It calls for a fashion watchdog over the “unfair buying practices” of High Street firms

Campaigners have called for a fashion watchdog to be set up to stop “unacceptable buying practices” revealed by researchers who named high street stores Zara and Primark among those treating suppliers unfairly.

In a survey of 1,000 Bangladeshi manufacturers, researchers found that big brands pay below production costs, with most factories selling to the biggest retailers paying the same prices even as raw material costs rise.

In research by the University of Aberdeen and the charity Transform Trade, published on Sunday, the authors of the report said that suppliers named 1,138 brands with which they had contracts in February 2020, and of these, 37% were reported to be involved in unfair practices.



Only when suppliers are able to plan ahead and with confidence that they will earn as expected, can they ensure good working conditions for their employees.

Fiona Gooch, Transform Trade

More than half of suppliers said they had suffered unfair procurement practices, including cancellations, non-payment, late payments and demands for rebates with side effects including forced overtime and harassment.

Fiona Gooch, Senior Policy Adviser at Transform Trade, described the findings as a “wake-up call”.

“We need a fashion watchdog to stop the unacceptable buying practices of clothing retailers who benefit from large consumer markets, as well as existing protections for food suppliers,” she said.

“Only when suppliers can plan ahead, with confidence that they will earn as expected, can they ensure good working conditions for their employees.”

According to the report, Zara had 90 factories producing for the brand in March 2020.

The researchers reported that 31% of factories reported canceled or partially canceled orders, 27% had price reductions, 10% had orders that the firm refused to pay for during shipping or production, and 30% reported that payment was delayed by at least three months.

Meanwhile, Primark, which had 35 factories working on products, according to the report, canceled or partially canceled orders from 34% of factories surveyed, cut order prices to 20% and 11% of factories reported payment delays.

The study, titled The Impact of Unfair Practices by Global Apparel Retailers on Bangladeshi Suppliers During COVID-19, also said a large number of firms were buying from factories facing rising raw material costs, with nearly one in five struggling to pay Bangladeshis. minimum wage £2.30 per day.

Larger brands buying from many factories engaged in unfair purchasing practices more often than smaller brands, the supplier survey said, and every brand buying from 15 or more factories reportedly engaged in at least one of these practices.

The survey also found that garment factories will lay off a quarter of their workforce after the lockdown, suggesting up to 900,000 workers could lose their jobs, according to the report’s authors.

Garment manufacturing has become Bangladesh’s most important manufacturing sector, accounting for 20% of its GDP. Researchers said they employ approximately four million workers and more than 12 million depend on the industry.

Ms Gooch said that when “retailers mistreat suppliers by breaching pre-agreed terms, workers suffer”.

“If the retailer doesn’t pay the agreed amount or is late, the supplier has to cut costs in another way, and that often gets passed on to their workers, who have the least power in the supply chain,” she said.

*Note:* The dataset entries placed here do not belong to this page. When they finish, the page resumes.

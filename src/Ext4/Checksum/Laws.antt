-- ===== src/Ext4/Checksum/Laws.antt =====
-- The table computes what the bit-at-a-time division computes, and the division can be undone.
use fpga_emmc_card_reader.Base.{
  ℕ, zero, suc, ◌+◌, ◌*◌, ◌/◌, ◌%◌, ◌^◌, ◌<◌, ◌≤◌, bit_xor, bit_and, [], ◌∷◌, ◌++◌, ◌≡◌, ◌≢◌, refl,
  sym, ap, ◌∙◌, arith, if◌then◌else◌, ltb, iterate, Bytes, IsBytes, get_or,
}
use fpga_emmc_card_reader.Base.Bits.{bit_and-mask}
use fpga_emmc_card_reader.Base.Bits.Xor.{
  bit_xor-lt, bit_xor_cancel, bit_xor_cancel_left, bit_xor_comm, bit_xor_assoc, bit_xor-half,
  bit_xor-parity, bit_xor-fields, bit_xor-zero, bit_xor-shift,
}
use native.Mathlib.Nat.{pow-suc}
use fpga_emmc_card_reader.Ext4.Checksum.{crc32c_bit, table_from, crc32c_table, crc32c_raw}

-- CRC-32C as it is defined: mix the byte in, then divide by the polynomial bit by bit.
unfoldable pub crc32c_bitwise : Bytes → ℕ → ℕ
crc32c_bitwise [] crc = crc
crc32c_bitwise (byte ∷ rest) crc = crc32c_bitwise rest (iterate 8 crc32c_bit (bit_xor crc byte))

-- Bits above the lowest only move down in a round.
crc32c_bit-high : (h y : ℕ) → crc32c_bit (bit_xor (h * 2) y) ≡ bit_xor h (crc32c_bit y)
unfolding crc32c_bit
crc32c_bit-high h y = ground (
  arith,
  bit_and-mask 1 (bit_xor (h * 2) y),
  bit_and-mask 1 y,
  bit_xor-parity (h * 2) y,
  bit_xor-half (h * 2) y,
  ap (λ (t : ℕ). bit_xor t (y / 2)) (halved h),
  bit_xor_assoc h (y / 2) 0x82F63B78,
)
  where
    halved : (h : ℕ) → h * 2 / 2 ≡ h
    halved h = omega arith

iterate-crc32c_bit :
    (n h y : ℕ) → iterate n crc32c_bit (bit_xor (h * 2 ^ n) y) ≡ bit_xor h (iterate n crc32c_bit y)
iterate-crc32c_bit zero h y = ap (λ (t : ℕ). bit_xor t y) (omega arith)
iterate-crc32c_bit (suc n) h y =
    let twice : h * 2 ^ suc n ≡ h * 2 ^ n * 2 =
      omega (arith, ap (λ (t : ℕ). h * t) (pow-suc 2 n)) in
    ap (λ (t : ℕ). iterate n crc32c_bit (crc32c_bit (bit_xor t y))) twice
    ∙ ap (iterate n crc32c_bit) (crc32c_bit-high (h * 2 ^ n) y)
    ∙ iterate-crc32c_bit n h (crc32c_bit y)

get_or-table_from : (n i j : ℕ) → j < n → get_or (table_from n i) j 0 ≡ iterate 8 crc32c_bit (i + j)
unfolding table_from
get_or-table_from zero i j h = absurd (omega arith)
get_or-table_from (suc n) i zero h = ap (iterate 8 crc32c_bit) (omega arith)
get_or-table_from (suc n) i (suc j) h =
    get_or-table_from n (i + 1) j (omega arith) ∙ ap (iterate 8 crc32c_bit) (omega arith)

table-entry : (j : ℕ) → j < 256 → get_or crc32c_table j 0 ≡ iterate 8 crc32c_bit j
unfolding crc32c_table
table-entry j h = get_or-table_from 256 0 j h ∙ ap (iterate 8 crc32c_bit) (omega arith)

-- One byte by the table is eight rounds.
table_step :
    (crc byte : ℕ)
    → byte < 256
    → bit_xor (crc / 256) (get_or crc32c_table (bit_and (bit_xor crc byte) 0xFF) 0)
      ≡ iterate 8 crc32c_bit (bit_xor crc byte)
table_step crc byte h =
    let x = bit_xor crc byte in
    let low : bit_and x 0xFF ≡ x % 256 = bit_and-mask 8 x in
    let high : x / 256 ≡ crc / 256 =
      bit_xor-shift 8 crc byte
      ∙ ap (λ (t : ℕ). bit_xor (crc / 256) t) (omega arith)
      ∙ bit_xor-zero (crc / 256) in
    let fields : bit_xor (x / 256 * 2 ^ 8) (x % 256) ≡ x =
      omega (arith, bit_xor-fields 8 (x / 256) (x % 256) (omega arith)) in
    ap (λ (t : ℕ). bit_xor (crc / 256) (get_or crc32c_table t 0)) low
    ∙ ap (λ (t : ℕ). bit_xor (crc / 256) t) (table-entry (x % 256) (omega arith))
    ∙ ap (λ (t : ℕ). bit_xor t (iterate 8 crc32c_bit (x % 256))) (sym high)
    ∙ sym (iterate-crc32c_bit 8 (x / 256) (x % 256))
    ∙ ap (iterate 8 crc32c_bit) fields

-- Table lookup computes the bitwise checksum, for every start value and every string of bytes.
pub crc32c_raw-eq-crc32c_bitwise :
    (d : Bytes) (crc : ℕ) → IsBytes d → crc32c_raw d crc ≡ crc32c_bitwise d crc
unfolding crc32c_raw crc32c_bitwise
crc32c_raw-eq-crc32c_bitwise [] crc h = refl
crc32c_raw-eq-crc32c_bitwise (byte ∷ rest) crc h =
    rw (table_step crc byte h.0) (crc32c_raw-eq-crc32c_bitwise rest _ h.1)

-- A round taken back, on a word of 32 bits.
unbit : ℕ → ℕ
unbit x = if ltb x (2 ^ 31) then x * 2 else bit_xor x 0x82F63B78 * 2 + 1

-- The polynomial sets the highest bit.
poly_high : (x : ℕ) → x < 2 ^ 31 → 2 ^ 31 ≤ bit_xor x 0x82F63B78
poly_high x h =
    let moved : bit_xor x 0x82F63B78 ≡ bit_xor (1 * 2 ^ 31) (bit_xor x 0x02F63B78) =
      bit_xor_comm x 0x82F63B78
      ∙ bit_xor_assoc (1 * 2 ^ 31) 0x02F63B78 x
      ∙ ap (bit_xor (1 * 2 ^ 31)) (bit_xor_comm 0x02F63B78 x) in
    omega (
      arith,
      moved,
      bit_xor-fields 31 1 (bit_xor x 0x02F63B78) (bit_xor-lt 31 x 0x02F63B78 h (omega arith)),
    )

unbit-crc32c_bit : (y : ℕ) → y < 2 ^ 32 → (unbit (crc32c_bit y) ≡ y) × (crc32c_bit y < 2 ^ 32)
unfolding unbit crc32c_bit
unbit-crc32c_bit y h = ground (
  arith,
  bit_and-mask 1 y,
  poly_high (y / 2) (omega arith),
  bit_xor_cancel (y / 2) 0x82F63B78,
  bit_xor-lt 32 (y / 2) 0x82F63B78 (omega arith) (omega arith),
)

rounds_injective :
    (n x y : ℕ) → x < 2 ^ 32 → y < 2 ^ 32 → iterate n crc32c_bit x ≡ iterate n crc32c_bit y → x ≡ y
rounds_injective zero x y h k e = e
rounds_injective (suc n) x y h k e =
    let (back, fits) = unbit-crc32c_bit x h in
    let (back', fits') = unbit-crc32c_bit y k in
    sym back ∙ ap unbit (rounds_injective n (crc32c_bit x) (crc32c_bit y) fits fits' e) ∙ back'

rounds-lt : (n x : ℕ) → x < 2 ^ 32 → iterate n crc32c_bit x < 2 ^ 32
rounds-lt zero x h = h
rounds-lt (suc n) x h = rounds-lt n (crc32c_bit x) (unbit-crc32c_bit x h).1

byte_word : (b : ℕ) → b < 256 → b < 2 ^ 32
byte_word b h = omega arith

pub crc32c_bitwise-lt :
    (d : Bytes) (crc : ℕ) → crc < 2 ^ 32 → IsBytes d → crc32c_bitwise d crc < 2 ^ 32
unfolding crc32c_bitwise
crc32c_bitwise-lt [] crc h k = h
crc32c_bitwise-lt (b ∷ d) crc h k =
    crc32c_bitwise-lt d _ (rounds-lt 8 _ (bit_xor-lt 32 crc b h (byte_word b k.0))) k.1

crc32c_bitwise_injective :
    (d : Bytes) (crc crc' : ℕ)
    → crc < 2 ^ 32
    → crc' < 2 ^ 32
    → IsBytes d
    → crc32c_bitwise d crc ≡ crc32c_bitwise d crc'
    → crc ≡ crc'
unfolding crc32c_bitwise
crc32c_bitwise_injective [] crc crc' h k b e = e
crc32c_bitwise_injective (x ∷ d) crc crc' h k b e =
    let fits = bit_xor-lt 32 crc x h (byte_word x b.0) in
    let fits' = bit_xor-lt 32 crc' x k (byte_word x b.0) in
    let rest = crc32c_bitwise_injective d _ _ (rounds-lt 8 _ fits) (rounds-lt 8 _ fits') b.1 e in
    let mixed = rounds_injective 8 (bit_xor crc x) (bit_xor crc' x) fits fits' rest in
    sym (bit_xor_cancel crc x) ∙ ap (λ (t : ℕ). bit_xor t x) mixed ∙ bit_xor_cancel crc' x

crc32c_bitwise-append :
    (xs ys : Bytes) (crc : ℕ)
    → crc32c_bitwise (xs ++ ys) crc ≡ crc32c_bitwise ys (crc32c_bitwise xs crc)
unfolding crc32c_bitwise
crc32c_bitwise-append [] ys crc = refl
crc32c_bitwise-append (x ∷ xs) ys crc = crc32c_bitwise-append xs ys _

-- Chaining: the checksum of two pieces is that of the second from that of the first.
pub crc32c_raw-append :
    (xs ys : Bytes) (crc : ℕ) → crc32c_raw (xs ++ ys) crc ≡ crc32c_raw ys (crc32c_raw xs crc)
unfolding crc32c_raw
crc32c_raw-append [] ys crc = refl
crc32c_raw-append (x ∷ xs) ys crc = crc32c_raw-append xs ys _

same_byte :
    (xs : Bytes) (a b : ℕ) (ys : Bytes) (crc : ℕ)
    → crc < 2 ^ 32
    → IsBytes xs
    → a < 256
    → b < 256
    → IsBytes ys
    → crc32c_raw (xs ++ a ∷ ys) crc ≡ crc32c_raw (xs ++ b ∷ ys) crc
    → a ≡ b
same_byte xs a b ys crc h hx ha hb hy e =
    let c = crc32c_bitwise xs crc in
    let hc : c < 2 ^ 32 = crc32c_bitwise-lt xs crc h hx in
    let fits = bit_xor-lt 32 c a hc (byte_word a ha) in
    let fits' = bit_xor-lt 32 c b hc (byte_word b hb) in
    let start = crc32c_raw-eq-crc32c_bitwise xs crc hx in
    let tails = sym (crc32c_raw-append xs (a ∷ ys) crc) ∙ e ∙ crc32c_raw-append xs (b ∷ ys) crc in
    let bitwise : crc32c_bitwise (a ∷ ys) c ≡ crc32c_bitwise (b ∷ ys) c =
      rw
        (
          start,
          crc32c_raw-eq-crc32c_bitwise (a ∷ ys) c (ha, hy),
          crc32c_raw-eq-crc32c_bitwise (b ∷ ys) c (hb, hy),
        )
        at tails in
    let next : iterate 8 crc32c_bit (bit_xor c a) ≡ iterate 8 crc32c_bit (bit_xor c b) =
      unfold crc32c_bitwise in
      crc32c_bitwise_injective ys _ _ (rounds-lt 8 _ fits) (rounds-lt 8 _ fits') hy bitwise in
    let mixed = rounds_injective 8 (bit_xor c a) (bit_xor c b) fits fits' next in
    sym (bit_xor_cancel_left c a) ∙ ap (bit_xor c) mixed ∙ bit_xor_cancel_left c b

-- From a 32-bit start, two strings of bytes that differ in one byte only have different checksums.
pub crc32c_raw_detects_byte :
    (xs : Bytes) (a b : ℕ) (ys : Bytes) (crc : ℕ)
    → crc < 2 ^ 32
    → IsBytes xs
    → a < 256
    → b < 256
    → IsBytes ys
    → a ≢ b
    → crc32c_raw (xs ++ a ∷ ys) crc ≢ crc32c_raw (xs ++ b ∷ ys) crc
crc32c_raw_detects_byte xs a b ys crc h hx ha hb hy ne e =
    ne (same_byte xs a b ys crc h hx ha hb hy e)
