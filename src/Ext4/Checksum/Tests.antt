-- ===== src/Ext4/Checksum/Tests.antt =====
-- Runs of the checksums.
use fpga_emmc_card_reader.Base.{[], ◌++◌, ◌∷◌, ◌≡◌, ◌≢◌, refl, arith}
use fpga_emmc_card_reader.Ext4.Checksum.{crc32c, crc32c_raw}
use fpga_emmc_card_reader.Ext4.Checksum.Laws.{
  crc32c_bitwise, crc32c_raw-eq-crc32c_bitwise, crc32c_raw_detects_byte,
}

-- The check value of CRC-32C: the checksum of "123456789".
crc32c_check_value :
    crc32c (b'1' ∷ b'2' ∷ b'3' ∷ b'4' ∷ b'5' ∷ b'6' ∷ b'7' ∷ b'8' ∷ b'9' ∷ []) ≡ 0xE3069283
unfolding crc32c
crc32c_check_value = refl

crc32c_raw-eq-crc32c_bitwise_example :
    crc32c_raw (b'1' ∷ 0 ∷ 255 ∷ []) 0xFFFFFFFF ≡ crc32c_bitwise (b'1' ∷ 0 ∷ 255 ∷ []) 0xFFFFFFFF
crc32c_raw-eq-crc32c_bitwise_example =
    crc32c_raw-eq-crc32c_bitwise (b'1' ∷ 0 ∷ 255 ∷ []) 0xFFFFFFFF (omega arith)

crc32c_raw_detects_byte_example :
    crc32c_raw ((1 ∷ []) ++ 7 ∷ 2 ∷ []) 0xFFFFFFFF ≢ crc32c_raw ((1 ∷ []) ++ 8 ∷ 2 ∷ []) 0xFFFFFFFF
crc32c_raw_detects_byte_example =
    crc32c_raw_detects_byte (1 ∷ []) 7 8 (2 ∷ []) 0xFFFFFFFF (omega arith) (omega arith)
      (omega arith) (omega arith) (omega arith) (omega arith)
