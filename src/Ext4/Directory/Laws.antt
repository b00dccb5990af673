-- ===== src/Ext4/Directory/Laws.antt =====
-- The loop over a directory block ends, and what it lists.
use fpga_emmc_card_reader.Base.{
  ℕ, zero, suc, ◌+◌, ◌≤◌, ◌<◌, [], List, ◌≡◌, ◌≢◌, refl, arith, false, not, ◌&&◌, ◌||◌, ◌==◌, leb,
  ltb, le32, Bool-cases, inl, inr, length, Bytes, byte_at, le16, All, sym, Option, none, some, take,
  drop, slice, ap, ◌∙◌, ◌-◌, true, ◌⊎◌,
}
use fpga_emmc_card_reader.Base.Blit.{length-slice}
use fpga_emmc_card_reader.Ext4.Directory.{
  Ext4DirEntry, effective_rec_len, list_entry, entries_from, parse_dir_entries, pass_on, entries_of,
}

-- A pass that goes on moves on.
effective_rec_len-positive :
    (d : Bytes) (offset : ℕ) → (le16 d (offset + 4) == 0) ≡ false → 0 < effective_rec_len d offset
unfolding effective_rec_len
effective_rec_len-positive d offset h = ground arith

entries_from-past :
    (fuel : ℕ) (d : Bytes) (limit offset : ℕ)
    → limit ≤ offset
    → entries_from fuel d limit offset ≡ some []
unfolding entries_from
entries_from-past fuel d limit offset h = at_end fuel (Bool-cases (leb (offset + 8) (length d)))
  where
    past : ltb offset limit ≡ false
    past = ground arith

    at_end :
        (fuel : ℕ)
        → (leb (offset + 8) (length d) ≡ true) ⊎ (leb (offset + 8) (length d) ≡ false)
        → entries_from fuel d limit offset ≡ some []
    at_end zero (inl e) = rw (e, past) refl
    at_end zero (inr e) = rw e refl
    at_end (suc fuel) (inl e) = rw (e, past) refl
    at_end (suc fuel) (inr e) = rw e refl

-- As many passes as the block has bytes left are enough: the loop ends, and further passes would
-- change nothing.
entries_from_agree :
    (fuel other : ℕ) (d : Bytes) (limit offset : ℕ)
    → limit ≤ offset + fuel
    → limit ≤ offset + other
    → entries_from fuel d limit offset ≡ entries_from other d limit offset
unfolding entries_from
entries_from_agree zero other d limit offset h k =
    entries_from-past zero d limit offset (omega arith)
    ∙ sym (entries_from-past other d limit offset (omega arith))
entries_from_agree (suc fuel) zero d limit offset h k =
    entries_from-past (suc fuel) d limit offset (omega arith)
    ∙ sym (entries_from-past zero d limit offset (omega arith))
entries_from_agree (suc fuel) (suc other) d limit offset h k =
    elim (Bool-cases (le16 d (offset + 4) == 0)) [
      | inl e ↦ rw e refl
      | inr e ↦
          let moved = effective_rec_len-positive d offset e in
          let next = offset + effective_rec_len d offset in
          let rest : entries_from fuel d limit next ≡ entries_from other d limit next =
            entries_from_agree fuel other d limit next (omega arith) (omega arith) in
          rw rest
    ]

entries_from_ends :
    (fuel : ℕ) (d : Bytes) (limit offset : ℕ)
    → limit ≤ offset + fuel
    → (es : List Ext4DirEntry) × (entries_from fuel d limit offset ≡ some es)
unfolding entries_from
entries_from_ends zero d limit offset h = ([], entries_from-past zero d limit offset (omega arith))
entries_from_ends (suc fuel) d limit offset h =
    elim (Bool-cases (leb (offset + 8) (length d) && ltb offset limit)) [
      | inr e ↦ ([], rw e refl)
      | inl e ↦
          let next = offset + effective_rec_len d offset in
          elim (Bool-cases (le16 d (offset + 4) == 0 || ltb limit next)) [
            | inl e' ↦ ([], rw (e, e') refl)
            | inr e' ↦
                let moved = effective_rec_len-positive d offset (ground arith) in
                let (es, rest) = entries_from_ends fuel d limit next (omega arith) in
                (list_entry d offset es, rw (e, e', rest) refl)
          ]
    ]

-- The loop over a directory block ends: whatever the bytes, in as many passes as the block has
-- bytes, or in more, it comes to its end, with the entries that `parse_dir_entries` gives.
pub entries_from_enough :
    (passes : ℕ) (d : Bytes) (block_size : ℕ)
    → block_size ≤ passes
    → entries_from passes d block_size 0 ≡ some (parse_dir_entries d block_size)
unfolding parse_dir_entries
entries_from_enough passes d block_size h =
    let (es, e) = entries_from_ends block_size d block_size 0 (omega arith) in
    entries_from_agree passes block_size d block_size 0 (omega arith) (omega arith)
    ∙ (e ∙ sym (ap (λ (r : Option (List Ext4DirEntry)). some (entries_of r)) e))

-- An entry as it stands at a place of the block: in use, whole within the block, with a name of
-- the length that is given there, and not the checksum at the end.
abbrev pub IsEntryAt : Bytes → ℕ → Ext4DirEntry → Type 0
IsEntryAt d offset e =
    (e.inode ≡ le32 d offset)
    × (e.inode ≢ 0)
    × (length e.name ≡ byte_at d (offset + 6))
    × (0 < length e.name)
    × (offset + 8 + length e.name ≤ length d)
    × (e.name ≡ take (length e.name) (drop (offset + 8) d))
    × (e.file_type ≡ byte_at d (offset + 7))
    × (e.file_type ≢ 0xDE)

abbrev pub IsListed : Bytes → Ext4DirEntry → Type 0
IsListed d e = (offset : ℕ) × IsEntryAt d offset e

list_entry-IsListed :
    (d : Bytes) (offset : ℕ) (rest : List Ext4DirEntry)
    → All (IsListed d) rest
    → All (IsListed d) (list_entry d offset rest)
unfolding list_entry
list_entry-IsListed d offset rest k =
    let name_len = byte_at d (offset + 6) in
    elim (Bool-cases (
      not (le32 d offset == 0)
      && ltb 0 name_len
      && leb (offset + 8 + name_len) (length d)
      && not (byte_at d (offset + 7) == 0xDE))) [
        | inl e ↦
            let fits : offset + 8 + name_len ≤ length d = ground arith in
            let size : length (slice (offset + 8) (offset + 8 + name_len) d) ≡ name_len =
              omega (arith, length-slice (offset + 8) (offset + 8 + name_len) d fits) in
            let named : 0 < name_len = ground arith in
            let span : offset + 8 + name_len - (offset + 8)
                ≡ length (slice (offset + 8) (offset + 8 + name_len) d) =
              omega (arith, size) in
            rw e (
              (
                offset,
                (
                  refl,
                  ground arith,
                  size,
                  omega (arith, size, named),
                  omega (arith, size, fits),
                  ap (λ k. take k (drop (offset + 8) d)) span,
                  refl,
                  ground arith,
                ),
              ),
              k,
            )
        | inr e ↦ rw e k
      ]

abbrev AllListed : Bytes → Option (List Ext4DirEntry) → Type 0
AllListed d none = Unit
AllListed d (some es) = All (IsListed d) es

-- Every entry that is read from a block stands at a place of it: the inode, the length of the name,
-- the name and the type are the ones found there, the name lies in the block, the inode and the
-- length are not 0, and the type is not that of the checksum.
pub parse_dir_entries-IsListed :
    (d : Bytes) (block_size : ℕ) → All (IsListed d) (parse_dir_entries d block_size)
unfolding parse_dir_entries
parse_dir_entries-IsListed d block_size = given (entries_from block_size d block_size 0) (from _ 0)
  where
    given : (r : Option (List Ext4DirEntry)) → AllListed d r → All (IsListed d) (entries_of r)
    given none h = tt
    given (some es) h = h

    onto :
        (offset : ℕ) (r : Option (List Ext4DirEntry))
        → AllListed d r
        → AllListed d (pass_on (list_entry d offset) r)
    onto offset none h = tt
    onto offset (some es) h = list_entry-IsListed d offset es h

    from : (fuel offset : ℕ) → AllListed d (entries_from fuel d block_size offset)
    from zero offset =
        unfold entries_from in
        elim (Bool-cases (leb (offset + 8) (length d) && ltb offset block_size)) [
          | inl e ↦ rw e tt
          | inr e ↦ rw e tt
        ]
    from (suc fuel) offset =
        unfold entries_from in
        elim (Bool-cases (leb (offset + 8) (length d) && ltb offset block_size)) [
          | inr e ↦ rw e tt
          | inl e ↦
              elim (Bool-cases (
                le16 d (offset + 4) == 0 || ltb block_size (offset + effective_rec_len d offset))) [
                  | inl e' ↦ rw (e, e') tt
                  | inr e' ↦ rw (e, e') (onto offset _ (from fuel _))
                ]
        ]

“Reports of rehiring for worse pay and conditions, bullying and unpaid overtime are a predictable result. We need a fashion watchdog to regulate UK clothing retailers, just like the existing supermarket watchdog.

Supermarkets have a Groceries Code Adjudicator, a watchdog that enforces a legal code that prohibits certain unfair purchasing practices by major retailers against their food and grocery suppliers, regardless of location.

A Primark spokesman said “the rights and conditions of the workers who make our products are extremely important to us and we know how devastating Covid-19 has been for the global clothing industry”.

“The unprecedented nature of the pandemic has meant that all of our stores around the world have been forced to close. At the time, and without an online presence, we had no way of knowing how long it would take,” the spokesperson said, adding that it was for these reasons that the company made the “incredibly difficult decision in March 2020 to cancel all orders. which has not yet been handed over to us”.

All forwarded orders were paid within 30 days and there were no late payments or price renegotiations, the company said, and it has created several initiatives to “support suppliers and their workers” by 2020.

The company said adherence to its code of conduct is mandatory when working with Primark and the firm is a founding member of the Action Collaboration Transformation initiative.

Inditex, which owns Zara, said in a statement that it had “devised a strategy to support these workers in the early stages of the pandemic” and “guaranteed payment for all orders already placed and in production and worked with financial institutions to facilitate loans to suppliers on favorable terms”.